Libby e Ridker, no entanto, dizem que esse cenário inesperado em indivíduos saudáveis é provavelmente raro em relação ao número total de pessoas com COVID-19 que apresentam problemas cardíacos.
O inimigo interno
Para Ridker e Libby, o envolvimento cardíaco na COVID-19 é outro exemplo impressionante dos efeitos generalizados da inflamação em múltiplos órgãos e sistemas. A inflamação é uma resposta de defesa crítica durante a infecção, mas tem um lado sombrio. As infecções podem desencadear uma cascata de sinais imunológicos que afetam vários órgãos.
Libby e Ridker levantam a hipótese de que qualquer infecção no corpo pode se tornar uma fonte de inflamação que ativa a liberação de proteínas inflamatórias conhecidas como citocinas e invoca exércitos de glóbulos brancos e outras moléculas mensageiras que, em um esforço para combater a infecção, interrompem os processos normais. Quando essas moléculas inflamatórias atingem o solo acolhedor de um depósito de gordura na parede dos vasos sanguíneos – um que já está repleto de glóbulos brancos inflamatórios residentes – as citocinas podem aumentar a resposta inflamatória local e desencadear um ataque cardíaco.
“Nosso trabalho mostrou que as citocinas podem colidir com essas células na placa e empurrá-la através de uma rodada de ativação adicional”, disse Libby. “[A inflamação do coração] pode ser fatal, e pode acontecer em pessoas que não têm nenhum fator de risco preexistente.”
Os produtos químicos inflamatórios liberados durante a infecção também podem induzir o fígado a acelerar a produção de proteínas importantes que defendem o organismo contra infecções. Essas proteínas, no entanto, tornam o sangue mais propenso à coagulação, além de reduzir a secreção de substâncias naturais que dissolvem coágulos. Os pequenos coágulos que se formam podem entupir os pequenos vasos sanguíneos no coração e em outros órgãos, como os rins, privando-os de oxigênio e nutrientes e preparando o cenário para a falha multissistêmica que pode ocorrer na infecção aguda.

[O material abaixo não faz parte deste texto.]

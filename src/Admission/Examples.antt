-- ===== src/Admission/Examples.antt =====
-- sync.go: a chat model whose backend is down, with a fallback on the same path.
use gatew_ai.Base.{◌≡◌, refl, Bool, true, false, Option, none, some, String, [], ◌∷◌}
use gatew_ai.Base.Int.{pos, ◌+ℤ◌}
use gatew_ai.Redis.Memory.{memory, empty}
use gatew_ai.RateLimit.Examples.{minute, reachable}
use gatew_ai.Breaker.{CircuitBreaker, is_open}
use gatew_ai.Semaphore.{
  both_reach, ModelSemaphore, count_of, shared_key, acquire_script, try_acquire,
}
use gatew_ai.Semaphore.Calls.{IsHeld}
use gatew_ai.Registry.Configs.{Def, is_restricted}
use gatew_ai.Registry.Maps.{lookup}
use gatew_ai.Registry.Indices.{Registry, no_services}
use gatew_ai.Registry.Routes.{routed, route_sync, route_models}
use gatew_ai.Admission.{
  SyncHandler, HttpRequest, served, fallen_back, backends_degraded, all_open, model_visible,
  check_access, handle_json,
}
use gatew_ai.Admission.Serving.{StandsFor, IsGiven, served-handle_json}
use gatew_ai.Sync.{Inference}
use gatew_ai.Admission.Alike.{Alike}
use gatew_ai.Admission.Multipart.{
  is_reusable, proxied, handle_multipart, handle_multipart-handle_json,
}
use gatew_ai.Admission.Slots.{handle_json-IsHeld}

abbrev big : Def
big = record {
  service_type = "llm";
  model = "big";
  max_file_size_mb = 0;
  inference_url = "http://a";
  backends = record { url = "http://a"; weight = 1; headers = []; model = "" } ∷ [];
  pool_name = "";
  operations = [];
  provider = "openai";
  backend_model = "";
  budget_group = "";
  fallback_model = "small";
  retries = pos 0;
  visibility = record { user_types = []; groups = [] };
}

abbrev pub small : Def
small = record big { model = "small"; fallback_model = "" }

abbrev chat : Registry
chat = record no_services { by_sync = ("/v1/chat", ("big", big) ∷ ("small", small) ∷ []) ∷ [] }

abbrev down : CircuitBreaker
down = record {
  states = λ url. some (record { failures = 5; is_open = true; open_until = 9 });
  threshold = 5;
  cooldown = 9;
  circuit_open = λ m u. none;
  opens_total = λ m u. 0;
}

abbrev two_slots : ModelSemaphore
two_slots = record { limits = λ _. some (pos 2); reserved = λ _. none; key_prefix = "" }

abbrev pub handler : SyncHandler
handler = record {
  registry = chat;
  authz = none;
  rate_limiter = none;
  processing_limiter = none;
  semaphore = some two_slots;
  breaker = some down;
  priority_header = "";
  user_type_header = "";
}

abbrev pub asks : String → HttpRequest
asks model = record {
  path = "/v1/chat";
  model = model;
  header = λ k. "";
  principal = none;
  parses = true;
  small = true;
  readable = true;
}

abbrev pub glob : String → String → Option Bool
glob p value = some false

abbrev serve : Def → memory.Store → String × memory.Store
serve d s = (d.model, s)

routed-big : route_sync chat "/v1/chat" "big" ≡ routed big
unfolding route_sync route_models lookup
routed-big = refl

routed-small : route_sync chat "/v1/chat" "small" ≡ routed small
unfolding route_sync route_models lookup
routed-small = refl

small_instead : fallen_back handler 0 "/v1/chat" big ≡ small
unfolding fallen_back backends_degraded all_open route_sync route_models lookup is_open
small_instead = refl

small_served :
    (handle_json memory minute glob reachable both_reach handler serve 0 (asks "big") empty).0
    ≡ served small "small"
unfolding handle_json route_sync lookup model_visible is_restricted fallen_back is_open check_access
    try_acquire acquire_script shared_key ◌+ℤ◌
small_served = refl

served-handle_json_example :
    ((d : Def) × (route_sync chat "/v1/chat" "big" ≡ routed d)
      × StandsFor handler 0 "/v1/chat" d small)
    × (model_visible handler (asks "big") small ≡ true)
    × ((check_access glob none (asks "big") small).allowed ≡ true)
    × IsGiven memory minute glob reachable both_reach handler serve small "small"
served-handle_json_example =
    served-handle_json memory minute glob reachable both_reach handler serve 0 (asks "big") small
      "small" empty small_served

abbrev net : Inference
net = record {
  parses = λ b. true;
  builds = λ b. true;
  answer = λ n b. some (record { status = 200; body = b.url });
  draw = λ n. 0;
  cancelled = λ n. false;
}

handle_multipart-handle_json_example :
    Alike memory minute glob reachable both_reach handler
      (proxied memory minute glob reachable both_reach handler none none both_reach net
        (asks "small")
        (is_reusable chat (asks "small")))
      serve
      small
      (handle_multipart memory minute glob reachable both_reach handler none none both_reach net
        (asks "small")
        empty)
      (handle_json memory minute glob reachable both_reach handler serve 0 (asks "small") empty)
handle_multipart-handle_json_example =
    handle_multipart-handle_json memory minute glob reachable both_reach handler none none
      both_reach net serve 0 (asks "small") small empty refl refl routed-small refl

none-IsHeld : IsHeld memory two_slots "small" 2 0 0 0 empty
unfolding count_of
none-IsHeld = record {
  limit = refl;
  reservation = refl;
  shared_count = refl;
  reserved_count = refl;
}

handle_json-IsHeld_example :
    IsHeld memory two_slots "small" 2 0 0 0
      (handle_json memory minute glob reachable both_reach handler serve 0 (asks "big") empty).1
handle_json-IsHeld_example =
    handle_json-IsHeld memory minute glob reachable handler serve two_slots small 2 0 refl
      (λ x y t held. held) 0 0 0 (asks "big") big empty routed-big small_instead none-IsHeld
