-- ===== src/Guardrails.antt =====
-- internal/guardrails/pipeline.go, on the interface of internal/guardrails/detector.go: the enforcements
-- that are evaluated at once and those that redact one after the other. What a detector answers is a
-- function of its input; the order in which the goroutines deliver is an argument. FireAsync is not
-- modelled.
pub mod Arrival
pub mod Redaction
pub mod Examples
use gatew_ai.Base.{
  ℕ, zero, suc, ◌≡◌, Bool, true, false, not, ◌&&◌, ◌||◌, Option, none, some, String, str_eq, List,
  [], ◌∷◌, ◌++◌, map, if◌then◌else◌,
}

pub record Finding : Type 0 where
  pub category : String
  pub detector : String
  pub score : ℕ  -- a float64, as its bits
  pub text : String

pub data Scanned : Type 0 where
  findings : List Finding → Scanned
  failure : String → Scanned

pub data Redacted : Type 0 where
  rewritten : String → List Finding → Redacted
  unredacted : String → Redacted

pub record Detector : Type 0 where
  pub name : String
  pub scan : List String → Scanned
  pub redact : String → Redacted

abbrev pub mode_sync : String
mode_sync = "sync"

abbrev pub action_redact : String
action_redact = "redact"

pub record Enforcement : Type 0 where
  pub detector : Detector
  pub mode : String
  pub action : String

pub record ModelResult : Type 0 where
  pub name : String
  pub action : String
  pub categories : List String
  pub error : Option String

abbrev pub is_none {ℓ} : {A : Type ℓ} → Option A → Bool
is_none none = true
is_none (some a) = false

abbrev pub no_items {ℓ} : {A : Type ℓ} → List A → Bool
no_items [] = true
no_items (x ∷ xs) = false

unfoldable pub fired : ModelResult → Bool
fired r = not (is_none r.error) || not (no_items r.categories)

abbrev pub categories_of : List Finding → List String
categories_of fs = map (λ f. f.category) fs

abbrev pub result_of : Enforcement → Scanned → ModelResult
result_of m (findings fs) = record {
  name = m.detector.name;
  action = m.action;
  categories = categories_of fs;
  error = none;
}
result_of m (failure e) = record {
  name = m.detector.name;
  action = m.action;
  categories = [];
  error = some e;
}

unfoldable pub scanned : List String → Enforcement → ModelResult
scanned texts m = result_of m (m.detector.scan texts)

unfoldable pub kept : (Enforcement → Bool) → List Enforcement → List Enforcement
kept p [] = []
kept p (m ∷ ms) = if p m then m ∷ kept p ms else kept p ms

unfoldable pub fired_only : List ModelResult → List ModelResult
fired_only [] = []
fired_only (r ∷ rs) = if fired r then r ∷ fired_only rs else fired_only rs

abbrev pub Item : Type 0
Item = ℕ × ModelResult

-- What the goroutines send: each enforcement's result with its index.
unfoldable pub items : List String → ℕ → List Enforcement → List Item
items texts i [] = []
items texts i (m ∷ ms) = (i, scanned texts m) ∷ items texts (suc i) ms

abbrev pub blank : ModelResult
blank = record { name = ""; action = ""; categories = []; error = none }

abbrev pub blanks : List Enforcement → List ModelResult
blanks ms = map (λ m. blank) ms

unfoldable pub set_at : ℕ → ModelResult → List ModelResult → List ModelResult
set_at i r [] = []
set_at zero r (x ∷ xs) = r ∷ xs
set_at (suc i) r (x ∷ xs) = x ∷ set_at i r xs

-- Each item is put where it belongs as it is received.
unfoldable pub received : List Item → List ModelResult → List ModelResult
received [] ordered = ordered
received ((i, r) ∷ rest) ordered = received rest (set_at i r ordered)

-- `sync`, without those that redact.
abbrev pub acts_inline : Enforcement → Bool
acts_inline m = str_eq m.mode mode_sync && not (str_eq m.action action_redact)

module _ (delivered : List Item → List Item) where
  unfoldable pub evaluate_all : List Enforcement → List String → List ModelResult
  evaluate_all models texts =
      if no_items models || no_items texts
      then []
      else fired_only (received (delivered (items texts 0 models)) (blanks models))

  unfoldable pub evaluate_sync : List Enforcement → List String → List ModelResult
  evaluate_sync models texts =
      let sync = kept acts_inline models in
      if no_items sync || no_items texts
      then []
      else fired_only (received (delivered (items texts 0 sync)) (blanks sync))

pub record RedactResult : Type 0 where
  pub name : String
  pub categories : List String
  pub error : Option String

unfoldable pub redacts : Enforcement → Bool
redacts m = str_eq m.mode mode_sync && str_eq m.action action_redact

unfoldable pub after_redact : Enforcement → String → Redacted → String × List RedactResult
after_redact m out (unredacted e) =
    (out, record { name = m.detector.name; categories = []; error = some e } ∷ [])
after_redact m out (rewritten cleaned []) = (out, [])
after_redact m out (rewritten cleaned (f ∷ fs)) = (
  cleaned,
  record { name = m.detector.name; categories = categories_of (f ∷ fs); error = none } ∷ [],
)

unfoldable pub redact_step : Enforcement → String → String × List RedactResult
redact_step m out = if redacts m then after_redact m out (m.detector.redact out) else (out, [])

-- Each detector works on the body that the one before it returned.
unfoldable pub evaluate_redact : List Enforcement → String → String × List RedactResult
evaluate_redact [] out = (out, [])
evaluate_redact (m ∷ ms) out =
    let (cleaned, results) = redact_step m out in
    let (body, more) = evaluate_redact ms cleaned in (body, results ++ more)
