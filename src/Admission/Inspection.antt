-- ===== src/Admission/Inspection.antt =====
-- internal/handler/sync.go: the branch of handleJSON for language models, with the guardrails on their input.
-- The regular expressions, the texts of a body and the order in which detectors answer are arguments,
-- as are the guardrails of each definition, the proxy of language models and the direct proxy. What is
-- only observed (flags, spans, shadow detectors) is left out.
pub mod Clearing
pub mod Sending
pub mod Examples
use gatew_ai.Base.{
  Bool, true, false, not, ◌&&◌, ◌||◌, Option, none, some, String, str_eq, List, [], ◌∷◌,
  if◌then◌else◌,
}
use gatew_ai.Redis.{Redis}
use gatew_ai.Guardrails.{
  Enforcement, ModelResult, RedactResult, Item, is_none, no_items, evaluate_sync, evaluate_redact,
}
use gatew_ai.Registry.Configs.{Def}
use gatew_ai.Admission.{is_llm}

pub record InputStage : Type 0 where
  pub enabled : Bool
  pub checks : List String
  pub action : String
  pub models : List Enforcement

-- The checker of regular expressions: the categories that it finds, and the body that it rewrites.
pub record PiiChecker : Type 0 where
  pub scan : String → List String → List String
  pub redact : String → List String → String × List String

-- The categories that are answered with 422, or the body that is sent on.
pub data Inspected : Type 0 where
  violation : List String → Inspected
  cleared : String → Inspected

-- An action that is none of the three blocks.
unfoldable pub regex_checked : Option PiiChecker → InputStage → String → Inspected
regex_checked none stage raw = cleared raw
regex_checked (some c) stage raw =
    let (cleaned, redacted) = c.redact raw stage.checks in
    let found = c.scan raw stage.checks in
    if no_items stage.checks
    then cleared raw
    else if str_eq stage.action "redact"
    then cleared (if no_items redacted then raw else cleaned)
    else if str_eq stage.action "flag"
    then cleared raw
    else if no_items found
    then cleared raw
    else violation found

-- The first result that blocks; a detector that fails does.
unfoldable pub judged : List ModelResult → Option (List String)
judged [] = none
judged (r ∷ rest) =
    let later = judged rest in
    if not (is_none r.error)
    then some ("detector unavailable" ∷ [])
    else if str_eq r.action "block"
    then some r.categories
    else later

unfoldable pub any_failed : List RedactResult → Bool
any_failed [] = false
any_failed (r ∷ rest) = not (is_none r.error) || any_failed rest

module _ (texts_of : String → List String) (delivered : List Item → List Item) where
  unfoldable pub models_checked : InputStage → String → Inspected
  models_checked stage raw =
      let (cleaned, results) = evaluate_redact stage.models raw in
      if no_items stage.models
      then cleared raw
      else elim (judged (evaluate_sync delivered stage.models (texts_of raw))) [
        | some reasons ↦ violation reasons
        | none ↦
            if any_failed results then violation ("redaction unavailable" ∷ []) else cleared cleaned
      ]

  unfoldable pub inspect : Option PiiChecker → InputStage → String → Inspected
  inspect pii stage raw = elim (regex_checked pii stage raw) [
    | violation reasons ↦ violation reasons
    | cleared body ↦ models_checked stage body
  ]

pub data Sent (A : Type 0) : Type 0 where
  rejected : List String → Sent A  -- 422
  sent : A → Sent A

module _ (redis : Redis) (texts_of : String → List String) (delivered : List Item → List Item)
    (pii : Option PiiChecker) (stage_of : Def → InputStage) {A : Type 0}
    (llm : Option (Def → String → redis.Store → A × redis.Store))
    (direct : Def → String → redis.Store → A × redis.Store) where
  open redis use {Store}

  -- The body goes to the proxy of language models only as it was inspected.
  unfoldable pub serve_llm :
      (Def → String → Store → A × Store) → String → Def → Store → Sent A × Store
  serve_llm forward raw d s =
      let stage = stage_of d in
      elim (if stage.enabled then inspect texts_of delivered pii stage raw else cleared raw) [
        | violation reasons ↦ (rejected reasons, s)
        | cleared body ↦ let (a, after) = forward d body s in (sent a, after)
      ]

  unfoldable pub serve_direct : String → Def → Store → Sent A × Store
  serve_direct raw d s = let (a, after) = direct d raw s in (sent a, after)

  -- What handleJSON serves a request with.
  unfoldable pub serve_json : String → Def → Store → Sent A × Store
  unfolding serve_llm serve_direct
  serve_json raw d s = elim llm [
    | none ↦ serve_direct raw d s
    | some forward ↦ if is_llm d then serve_llm forward raw d s else serve_direct raw d s
  ]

Assim, a lesão mediada pelo sistema imunológico no coração e em outros órgãos pode ser um dano colateral por causa da esmagadora resposta imunológica sistêmica do corpo – uma condição conhecida como tempestade de citocinas , que é marcada pela liberação generalizada de citocinas que pode causar morte celular, lesão tecidual e dano de órgão.
“Em 12 a 18 meses, teremos muitas informações, mas, no momento, nosso trabalho é, número um, impedir que as pessoas obtenham a COVID-19 por aderência estrita às medidas de contenção já conhecidas”, disse Libby. “Então, precisamos levar as pessoas que sofrem da doença nessa fase aguda”.
A necessidade de rigorosos estudos randomizados realizados de maneira rápida e eficaz é aguda, disseram eles. Até que as evidências desses estudos comecem a se unir, os médicos terão que navegar no território desconhecido de atendimento cardíaco no momento da pandemia com cautela, mas também com determinação.
“Não temos o conforto de nossos bancos de dados habituais, por isso temos que confiar em nossas habilidades clínicas e julgamento. Mas temos que fazer isso com toda humildade, porque muitas vezes os dados não confirmam nossos preconceitos lógicos ”, disse Libby. “No entanto, devemos agir.”